In a move certain to spark great controversy in the continuing medical education community, pharmaceutical giant Pfizer announced on July 2 that it will no longer award grants to medical education companies. "We are eliminating support for commercial CME providers, whether they are for profit or nonprofit, and regardless of whether they have firewalls,” says Mike Saxton, MEd, senior director, team leader, medical education group, Pfizer, New York. "Our intention is to send a signal that funds must be used exclusively for independent education. We think this is the responsible decision at this point in time in order to help demonstrate and even preserve the opportunity for industry to support quality education."

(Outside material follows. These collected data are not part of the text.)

-- ===== src/Learning/Store/Evict.antt =====
-- The eviction loop of internal/dictionary/insert.go and evict.go.
use enzo.Prelude.{
  ℕ, ◌/◌, ◌≡◌, ◌≢◌, refl, sym, ap, ◌∙◌, Bool, true, false, Bool-cases, inl, inr, some, [], ◌∷◌,
  arith, All, All-map, All-both, All-sort, All-take, All-drop, Pairwise-halves, Pairwise-sort,
  Pairwise-take, ltb, none, length, take, drop, ◌==◌, lookup, lookup-erase, IsMap, lookup-In,
  In-All, Shuffle, Shuffle-All, Shuffle-Pairwise,
}
use enzo.Learning.Store.{
  DictionaryEntry, Entries, Dictionary, has_room, drop_entry, evict_until, by_offset, evictable,
  evict_for,
}
use enzo.Learning.Store.Weight.{IsStore, drop_entry-IsStore}

-- The entry is held under its identifier.
abbrev pub Holds : Dictionary → ℕ × DictionaryEntry → Type 0
Holds d p = lookup p.0 d.entries ≡ some p.1

-- What an eviction leaves: a store with the same cap, with room if it says so, and every entry that is
-- none of the victims.
pub record Evicts (need : ℕ) (items : Entries) (d : Dictionary) (r : Bool × Dictionary)
    : Type 0 where
  pub store : IsStore r.1
  pub cap : r.1.max_bytes ≡ d.max_bytes
  pub room : r.0 ≡ true → has_room need r.1 ≡ true
  pub others :
      (key : ℕ) → All (λ p. p.0 ≢ key) items → lookup key r.1.entries ≡ lookup key d.entries

pub Holds-drop :
    (p : ℕ × DictionaryEntry) (d : Dictionary) (items : Entries)
    → All (λ q. q.0 ≢ p.0) items
    → All (Holds d) items
    → All (Holds (drop_entry p d)) items
Holds-drop p d items apart held =
    All-map (λ q h. lookup-erase q.0 p.0 d.entries h.0 ∙ h.1) items
      (All-both (λ q. q.0 ≢ p.0) (Holds d) items apart held)

pub evict_until-Evicts :
    (need : ℕ) (items : Entries) (d : Dictionary)
    → IsStore d
    → IsMap items
    → All (Holds d) items
    → Evicts need items d (evict_until need items d)
unfolding evict_until
evict_until-Evicts need [] d h apart held = record {
  store = h;
  cap = refl;
  room = λ no. absurd (cc);
  others = λ key o. refl;
}
evict_until-Evicts need (p ∷ items) d h apart held =
    let store = drop_entry-IsStore p d h held.0 in
    let kept =
      λ (key : ℕ) (other : p.0 ≢ key). lookup-erase key p.0 d.entries (λ same. other (sym same)) in
    elim (Bool-cases (has_room need (drop_entry p d))) [
      | inl now ↦
          rw (evict_until, now)
            (record {
              store = store;
              cap = refl;
              room = λ yes_. now;
              others = λ key o. kept key o.0;
            })
      | inr not_yet ↦
          let rest =
            evict_until-Evicts need items (drop_entry p d) store apart.1
              (Holds-drop p d items apart.0 held.1) in
          rw (evict_until, not_yet)
            (record {
              store = rest.store;
              cap = rest.cap;
              room = rest.room;
              others = λ key o. rest.others key o.1 ∙ kept key o.0;
            })
    ]

-- The half of the entries that was seen last.
abbrev pub younger_half : Entries → Entries
younger_half items = drop (length items / 2) (by_offset items)

-- What making room leaves: the younger half is whole, and nothing new is there.
pub record MadeRoom (need : ℕ) (items : Entries) (d : Dictionary) (r : Bool × Dictionary)
    : Type 0 where
  pub store : IsStore r.1
  pub cap : r.1.max_bytes ≡ d.max_bytes
  pub room : r.0 ≡ true → has_room need r.1 ≡ true
  pub younger : All (Holds r.1) (younger_half items)
  pub nothing_new : (key : ℕ) → lookup key d.entries ≡ none → lookup key r.1.entries ≡ none

module _ (items : Entries) (d : Dictionary) (h : IsStore d) (visits : Shuffle items d.entries) where
  flip : (p q : ℕ × DictionaryEntry) → q.0 ≢ p.0 → p.0 ≢ q.0
  flip p q other same = other (sym same)

  sorted-IsMap : IsMap (by_offset items)
  sorted-IsMap =
      Pairwise-sort (λ p q. q.0 ≢ p.0) flip (λ a b. ltb a.1.last_seen_offset b.1.last_seen_offset)
        items (Shuffle-Pairwise (λ p q. q.0 ≢ p.0) flip visits h.map)

  sorted-Holds : All (Holds d) (by_offset items)
  sorted-Holds =
      All-sort (Holds d) (λ a b. ltb a.1.last_seen_offset b.1.last_seen_offset) items
        (Shuffle-All (Holds d) visits
          (All-map (λ p i. lookup-In p d.entries h.map i) d.entries (In-All d.entries)))

  pub evictable-IsMap : IsMap (evictable items)
  evictable-IsMap =
      Pairwise-sort (λ p q. q.0 ≢ p.0) flip (λ a b. ltb a.1.score b.1.score)
        (take (length items / 2) (by_offset items))
        (Pairwise-take (λ p q. q.0 ≢ p.0) (length items / 2) (by_offset items) sorted-IsMap)

  pub evictable-Holds : All (Holds d) (evictable items)
  evictable-Holds =
      All-sort (Holds d) (λ a b. ltb a.1.score b.1.score)
        (take (length items / 2) (by_offset items))
        (All-take (Holds d) (length items / 2) (by_offset items) sorted-Holds)

  -- The two halves have no identifier in common.
  apart : All (λ x. All (λ v. v.0 ≢ x.0) (evictable items)) (younger_half items)
  apart =
      All-map
        (λ x g.
          All-sort (λ v. v.0 ≢ x.0) (λ a b. ltb a.1.score b.1.score)
            (take (length items / 2) (by_offset items))
            (All-map (λ v other same. other (sym same)) (take (length items / 2) (by_offset items))
              g))
        (younger_half items)
        (Pairwise-halves (λ p q. q.0 ≢ p.0) (length items / 2) (by_offset items) sorted-IsMap)

  pub unchanged : (need : ℕ) → MadeRoom need items d (false, d)
  unchanged need = record {
    store = h;
    cap = refl;
    room = λ no. absurd (cc);
    younger = All-drop (Holds d) (length items / 2) (by_offset items) sorted-Holds;
    nothing_new = λ key absent. absent;
  }

  -- The eviction loop on the older half.
  pub evict_until-MadeRoom :
      (need : ℕ) → MadeRoom need items d (evict_until need (evictable items) d)
  evict_until-MadeRoom need =
      let r = evict_until-Evicts need (evictable items) d h evictable-IsMap evictable-Holds in
      record {
        store = r.store;
        cap = r.cap;
        room = r.room;
        younger =
            All-map (λ x g. r.others x.0 g.0 ∙ g.1) (younger_half items)
              (All-both (λ x. All (λ v. v.0 ≢ x.0) (evictable items)) (Holds d) (younger_half items)
                apart (All-drop (Holds d) (length items / 2) (by_offset items) sorted-Holds));
        nothing_new = λ key absent.
            r.others key (
              All-map
                (λ p held same.
                  let there : lookup key d.entries ≡ some p.1 =
                    ap (λ k. lookup k d.entries) (sym same) ∙ held in
                  absurd (ground (arith, there, absent)))
                (evictable items) evictable-Holds)
            ∙ absent;
      }

-- `evictFor`
pub evict_for-MadeRoom :
    (range : Entries → Entries) (need : ℕ) (d : Dictionary)
    → IsStore d
    → Shuffle (range d.entries) d.entries
    → MadeRoom need (range d.entries) d (evict_for range need d)
unfolding evict_for
evict_for-MadeRoom range need d h visits = elim (Bool-cases (length d.entries == 0)) [
  | inl none_ ↦ rw (evict_for, none_) (unchanged (range d.entries) d h visits need)
  | inr some_ ↦ elim (Bool-cases (length (range d.entries) / 2 == 0)) [
    | inl all_young ↦ rw (evict_for, some_, all_young) (unchanged (range d.entries) d h visits need)
    | inr some_old ↦
        rw (evict_for, some_, some_old) (evict_until-MadeRoom (range d.entries) d h visits need)
  ]
]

Up until this announcement, Pfizer had awarded 17 percent of its CME funding to medical education and communication companies in 2008. "That figure will now drop to zero," says Saxton. (In May, Pfizer began posting its grants to medical, scientific, and patient organizations, as well as its charitable contributions, online here.
Saxton clarifies that this move is not a blanket condemnation of medical education and communication companies. "Some of the best providers out there are MECCs and some of the worst are MECCs, so it is unfortunate that this action will not allow us to give direct support to quality MECCs,” he says. Pfizer will continue to fund CME initiatives that involve MECCs, he says, as long as they're not the primary sponsor. “MECCs’ role is critical. Patients would clearly lose if MECCs were not part of the equation. They’re innovative, they’re efficient, and they have competencies that other provider groups often lack. The best model for MECCs is to collaborate with hospitals, associations, and academic medical centers."
Pfizer is making this move, Saxton says, in part, because of the widespread perception among the healthcare community and the public that MECCs blur the line between education and promotion. The U.S. Senate Finance Committee report on CME, released in April 2007, which concluded that CME was sometimes atool for the pharma industry, focused almost exclusively on medical education companies. The Josiah W. Macy Foundation Report, issued this spring, excluded MECCs from its list of organizations that should be eligible For Accreditation Council for CME accreditation.
The perception issue is fueled by the fact that education companies receive more commercial support than any other provider type. According to theAnnual Data Report 2006, publishing/education companies received $621 million in industry support, more than half of the $1.1 billion total. Industry funding accounted for 76 percent of MECCs' total income, a bigger percentage than for any other group.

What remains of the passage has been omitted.